То, что ему отказали, да еще и в столь щекотливой ситуации, задело Вильского за живое: он поднялся с кровати, медленно натянул на себя брюки, попутно отметив, что те стали значительно свободнее в талии, и объявил, что едет домой.

– Спасибо вам, Евгений Николаевич, – томно промурлыкала Марта и улеглась, закинув руки за голову.

– За что? – Вильский аккуратно застегнул запонки на рубашке.

– За все. Мне было очень приятно с вами. Я даже по-своему удивлена…

– Чем?

– Обычно мужчины в вашем возрасте не такое не способны. Очень неожиданно…

Евгений Николаевич покраснел, но не от стыда, а от удовольствия.

– Мне кажется это абсолютно нормальным, – явно переоценивая собственные силы, ответил Вильский.

– Я так не думаю… – со знанием дела протянула Марта и кокетливо поправила сползшую бретельку. – Можно я не буду вас провожать? – зевнула она, всем своим видом демонстрируя особую женскую утомленность. – Позвоните, как доберетесь до дома.

– Я позвоню вам завтра, – пообещал Евгений Николаевич и, поправив галстук, нагнулся над Мартой, чтобы поцеловать ей руку.

В ответ мадам Саушкина изобразила нечто напоминающее смущение и зарылась лицом в подушку.

– Спокойной ночи, – попрощался с ней Вильский и покинул гостеприимный дом известной верейской тамады. Впервые за несколько месяцев он пребывал в почти забытом состоянии полета, когда все кажется по плечу.
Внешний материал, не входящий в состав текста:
-- ===== src/Format/Links/Shortened.antt =====
-- How a link is cut, and where the cut panics.
use fediway.Prelude.{
  ℕ, sym, ◌⊎◌, ◌+◌, ◌-◌, ◌≤◌, ◌<◌, ◌≡◌, refl, ap, ◌∙◌, inl, inr, Bool, true, false, [], ◌∷◌, ◌++◌,
  append_assoc, append-nil, Option, none, some, ◌>>=◌, arith, ltb, ltb→lt, lt→ltb, if◌then◌else◌,
  Bool-cases, Option-cases,
}
use mathlib.Core.Path.{subst}
use fediway.Prelude.Signed.{codes}
use fediway.Format.Characters.{
  Text, width, width_pos, size, size-append, split_at, split_at-some, split_at-whole, starts_with,
  starts_with-some, find, find-some,
}
use fediway.Format.Matches.{found}
use fediway.Format.Links.{link_display_max, Parts, shorten, link_html, link_parts, shortened_link}

-- The scheme with its `://`, where the URL has one, up to the first.
abbrev pub IsScheme : Text → Text → Type 0
IsScheme url scheme =
    ((find (codes "://") url ≡ none) × (scheme ≡ []))
    ⊎ ((a : Text) × (scheme ≡ a ++ codes "://") × (find (codes "://") url ≡ some (size a)))

-- The `www.` at the front, where there is one.
abbrev pub IsWww : Text → Text → Type 0
IsWww s www =
    ((starts_with (codes "www.") s ≡ false) × (www ≡ []))
    ⊎ ((starts_with (codes "www.") s ≡ true) × (www ≡ codes "www."))

-- All of a rest of at most 30 bytes is shown, of a longer one 30 bytes and an ellipsis.
abbrev pub IsDisplay : Parts → Type 0
IsDisplay (display, suffix, class) =
    ((size (display ++ suffix) ≤ link_display_max) × (suffix ≡ []) × (class ≡ []))
    ⊎ ((link_display_max < size (display ++ suffix))
        × (size display ≡ link_display_max)
        × (class ≡ codes "ellipsis"))

IsScheme-cut :
    (url : Text) (place : Option ℕ)
    → find (codes "://") url ≡ place
    → (a : Text) × (b : Text) × (a ++ b ≡ url)
      × (size a ≡ found place 0 (λ i. i + 3))
      × IsScheme url a
IsScheme-cut url none h = ([], url, refl, refl, inl (h, refl))
IsScheme-cut url (some i) h =
    let (a, b, whole, at) = find-some (codes "://") url h in
    (
      a ++ codes "://",
      b,
      append_assoc a (codes "://") b ∙ whole,
      size-append a (codes "://") ∙ ap (λ t. t + 3) at,
      inr (a, refl, h ∙ ap some (sym at)),
    )

IsWww-cut :
    (s : Text) (www : Bool)
    → starts_with (codes "www.") s ≡ www
    → (a : Text) × (b : Text) × (a ++ b ≡ s) × (size a ≡ (if www then 4 else 0)) × IsWww s a
IsWww-cut s false h = ([], s, refl, refl, inl (h, refl))
IsWww-cut s true h =
    let (b, whole) = starts_with-some (codes "www.") s h in
    (codes "www.", b, whole, refl, inr (h, refl))

-- The scheme and `www.` come off without a panic, and the parts are the whole URL.
link_parts_total :
    (url : Text)
    → (scheme : Text) × (www : Text) × (rest : Text) × (scheme ++ (www ++ rest) ≡ url)
      × IsScheme url scheme
      × IsWww (www ++ rest) www
      × (link_parts url ≡ some (scheme ++ www, rest))
unfolding link_parts
link_parts_total url =
    let (a, b, whole, at, is_scheme) = IsScheme-cut url (find (codes "://") url) refl in
    let (c, d, behind, www, is_www) = IsWww-cut b (starts_with (codes "www.") b) refl in
    let joined : (a ++ c) ++ d ≡ url = append_assoc a c d ∙ ap (◌++◌ a) behind ∙ whole in
    let place =
      size-append a c
      ∙ ap (λ t. t + size c) at
      ∙ ap (λ t. found (find (codes "://") url) 0 (λ i. i + 3) + t) www in
    (
      a,
      c,
      d,
      ap (◌++◌ a) behind ∙ whole,
      is_scheme,
      subst (λ t. IsWww t c) (sym behind) is_www,
      rw (split_at-whole a b whole at, split_at-whole (a ++ c) d joined place) refl,
    )

-- A long rest is cut after 30 bytes, which have to end a character.
abbrev IsShort : Text → Option Parts → Type 0
IsShort rest none = (link_display_max < size rest) × (split_at link_display_max rest ≡ none)
IsShort rest (some (display, suffix, class)) =
    (display ++ suffix ≡ rest) × IsDisplay (display, suffix, class)

shorten-IsShort : (rest : Text) → IsShort rest (shorten rest)
unfolding shorten
shorten-IsShort rest = elim (Bool-cases (ltb link_display_max (size rest))) [
  | inl long ↦ elim (Option-cases (split_at link_display_max rest)) [
    | inl e ↦ rw (long, e) (ltb→lt _ _ long, e)
    | inr ((display, suffix), e) ↦
        let (whole, width) = split_at-some link_display_max rest e in
        let longer =
          subst (λ t. link_display_max < size t) (sym whole) (ltb→lt link_display_max _ long) in
        rw (long, e) (whole, inr (longer, width, refl))
  ]
  | inr short ↦
      let within : size rest ≤ link_display_max = ground arith in
      let whole : rest ++ [] ≡ rest = append-nil rest in
      rw short (whole, inl (subst (λ t. size t ≤ link_display_max) (sym whole) within, refl, refl))
]

-- The cut of the whole URL, or why there is none.
abbrev pub IsCut : Text → Option Text → Type 0
IsCut url none =
    (scheme : Text) × (www : Text) × (rest : Text) × (scheme ++ (www ++ rest) ≡ url)
    × IsScheme url scheme
    × IsWww (www ++ rest) www
    × (link_display_max < size rest)
    × (split_at link_display_max rest ≡ none)
IsCut url (some html) =
    (scheme : Text) × (www : Text) × (display : Text) × (suffix : Text) × (class : Text) × (scheme
        ++ (www ++ (display ++ suffix))
      ≡ url)
    × IsScheme url scheme
    × IsWww (www ++ (display ++ suffix)) www
    × IsDisplay (display, suffix, class)
    × (html ≡ link_html url (scheme ++ www) (display, suffix, class))

IsCut-of_IsShort :
    (url scheme www rest : Text) (short : Option Parts)
    → scheme ++ (www ++ rest) ≡ url
    → IsScheme url scheme
    → IsWww (www ++ rest) www
    → IsShort rest short
    → IsCut url (short >>= λ parts. some (link_html url (scheme ++ www) parts))
IsCut-of_IsShort url scheme www rest none e s w h = (scheme, www, rest, e, s, w, h.0, h.1)
IsCut-of_IsShort url scheme www rest (some (display, suffix, class)) e s w h = (
  scheme,
  www,
  display,
  suffix,
  class,
  ap (λ t. scheme ++ (www ++ t)) h.0 ∙ e,
  s,
  subst (λ t. IsWww (www ++ t) www) (sym h.0) w,
  h.1,
  refl,
)

-- The link of a URL hides its scheme, up to the first `://`, and a `www.` behind it; of the rest it
-- shows all if that is at most 30 bytes, else exactly 30 bytes with an ellipsis, and hides what follows;
-- these parts are the whole URL in order. It panics only where the rest is longer than 30 bytes and its
-- 30th byte does not end a character.
pub shortened_link-IsCut : (url : Text) → IsCut url (shortened_link url)
unfolding shortened_link
shortened_link-IsCut url =
    let (scheme, www, rest, whole, s, w, cut) = link_parts_total url in
    rw cut (IsCut-of_IsShort url scheme www rest (shorten rest) whole s w (shorten-IsShort rest))

-- A character astride a byte is not cut there.
split_at_astride :
    (a : Text) (c : ℕ) (s : Text) (n : ℕ)
    → size a < n
    → n < size a + width c
    → split_at n (a ++ c ∷ s) ≡ none
unfolding split_at
split_at_astride [] c s n h k = ground arith
split_at_astride (d ∷ a) c s n h k =
    ground (arith, width_pos d, split_at_astride a c s (n - width d))

link_parts-https :
    (rest : Text)
    → starts_with (codes "www.") rest ≡ false
    → link_parts (codes "https://" ++ rest) ≡ some (codes "https://", rest)
unfolding link_parts find
link_parts-https rest www =
    let cut : split_at 8 (codes "https://" ++ rest) ≡ some (codes "https://", rest) =
      split_at-whole (codes "https://") rest refl refl in
    rw (cut, www, cut) refl

-- The link of an `https` URL, behind whose scheme no `www.` stands, panics where a character begins
-- within the first 30 bytes behind the scheme and ends behind them.
pub shortened_link_panics :
    (a : Text) (c : ℕ) (s : Text)
    → size a < 30
    → 30 < size a + width c
    → starts_with (codes "www.") (a ++ c ∷ s) ≡ false
    → shortened_link (codes "https://" ++ (a ++ c ∷ s)) ≡ none
unfolding shortened_link shorten
shortened_link_panics a c s h k www =
    let long : ltb link_display_max (size (a ++ c ∷ s)) ≡ true =
      lt→ltb _ _ (omega (arith, size-append a (c ∷ s))) in
    rw
      (
        link_parts-https (a ++ c ∷ s) www,
        long,
        split_at_astride a c s link_display_max (omega arith) (omega arith),
      )
      refl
Захлопнув за собой дверь, Евгений Николаевич даже попытался сбежать вниз по лестнице, но споткнулся уже на третьей ступеньке, потому что ноги не слушались, а колени не гнулись.

«Попалась птичка в клетку», – улыбнулась Марта и, легко соскочив с кровати, подбежала к задрапированному розовым тюлем окну. Женская интуиция безошибочно подсказала ей, что сейчас она увидит Вильского, рассматривающего светящиеся окна. Марта Петровна смело отдернула занавес, помахала ему рукой и жестом показала, что ждет звонка.
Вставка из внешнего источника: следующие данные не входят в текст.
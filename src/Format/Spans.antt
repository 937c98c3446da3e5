-- ===== src/Format/Spans.antt =====
-- The middle of `format_local` in crates/mastodon/src/formatter.rs: spans are sorted, those that
-- overlap an earlier one are dropped, and the text is put together around the rest.
pub mod Choice
pub mod Render
use fediway.Prelude.{
  ℕ, Bool, true, ◌&&◌, ◌||◌, List, [], ◌∷◌, ◌++◌, Option, none, some, ◌>>=◌, ltb, leb, ◌==◌,
  if◌then◌else◌,
}
use fediway.Prelude.Sort.{sort_by}
use fediway.Format.Characters.{Text, slice, slice_from}
use fediway.Format.Escape.{escape_text}
use fediway.Format.Matches.{Span}

-- `(start, Reverse(end))` of one span is at most that of the other.
abbrev pub by_place : Span → Span → Bool
by_place s t = ltb s.start t.start || (s.start == t.start && leb t.end s.end)

abbrev pub last_span : List Span → Option Span
last_span [] = none
last_span (s ∷ []) = some s
last_span (s ∷ t ∷ spans) = last_span (t ∷ spans)

-- `Option::is_none_or`
abbrev pub is_none_or {ℓ} : {A : Type ℓ} → Option A → (A → Bool) → Bool
is_none_or none p = true
is_none_or (some a) p = p a

-- The loop that fills `non_overlapping`.
non_overlapping : List Span → List Span → List Span
non_overlapping kept [] = kept
non_overlapping kept (span ∷ spans) =
    non_overlapping
      (if is_none_or (last_span kept) (λ last. leb last.end span.start)
        then kept ++ span ∷ []
        else kept)
      spans

unfoldable pub choose_spans : List Span → List Span
unfolding non_overlapping
choose_spans spans = non_overlapping [] (sort_by by_place spans)

-- The loop over the chosen spans, `none` where a slice panics.
unfoldable pub assemble : Text → ℕ → Text → List Span → Option Text
assemble text cursor out [] = slice_from cursor text >>= λ rest. some (out ++ escape_text rest)
assemble text cursor out (span ∷ spans) = slice cursor span.start text >>= λ plain.
    assemble text span.end ((out ++ escape_text plain) ++ span.html) spans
– Я позвоню, – прошептал себе под нос Евгений Николаевич и исчез в темноте.

«Конечно, позвонишь», – мысленно подтвердила Марта, и с нее разом слетела вся наигранная бодрость: сгорбившись, она села на кровать, достала из тумбочки лосьон и, смочив ватный диск, начала медленно смывать с себя косметику.

Пока Марта Петровна раздумывала о том, что красота требует жертв, на минуту в ее сознание закралась мысль, что «на чужом несчастье счастья не построишь». Но вера в любовь заставила ее встрепенуться и отогнать ненужные сомнения: «Каждый сам кузнец своего счастья. В конце концов, я мужика из семьи не уводила. Да и не по зубам он Валюхе. Все равно бы ничего не вышло».

Впрочем, о бедной Валентине, невольно устроившей судьбу влюбленных, и она, и Вильский вспоминали с особой благодарностью. «Если бы не ты!» – не уставала говорить «спасибо» Марта и грозилась сделать двухметровую бабищу подружкой невесты у себя на свадьбе. «Подожди пока, – язвила ее злопамятная Валя, – вдруг не женится?» «Женится! – самонадеянно восклицала Марта и балагурила: – Куда он денется – влюбится и женится».

– Не сейчас, – сразу же пресек любые обсуждения Евгений Николаевич в ответ на вопрос, как будут выглядеть их отношения.

– Почему? – растерялась Марта Петровна, всерьез планировавшая совместное будущее почти завтра.

– Мне нечего тебе предложить, – мрачнел Вильский, вспоминая запущенную до безобразия квартиру матери. Кира Павловна, словно нарочно, завидуя сыновьему счастью, мудровала над ним и категорически сопротивлялась любым нововведениям на своей территории. «Давай я душевую кабину поставлю», – предлагал ей ценивший чистоту и комфорт Евгений Николаевич. «А как я мыться буду?» – подскакивала на месте Кира Павловна. И Вильский терпеливо объяснял матери весь процесс от начала до конца. «Нет! – отказывалась от благ цивилизации Кира Павловна и добавляла: – Это не мытье, а одно мучение». «Так ты даже не пробовала!» – начинал раздражаться Евгений Николаевич, измученный ее капризами. «И не буду! – заявляла она ему и показывала нужное направление: – У своей ставь, а в моем доме – я хозяйка».

– Не переживай, кот, – успокаивала Вильского Марта и обещала повлиять на Киру Павловну.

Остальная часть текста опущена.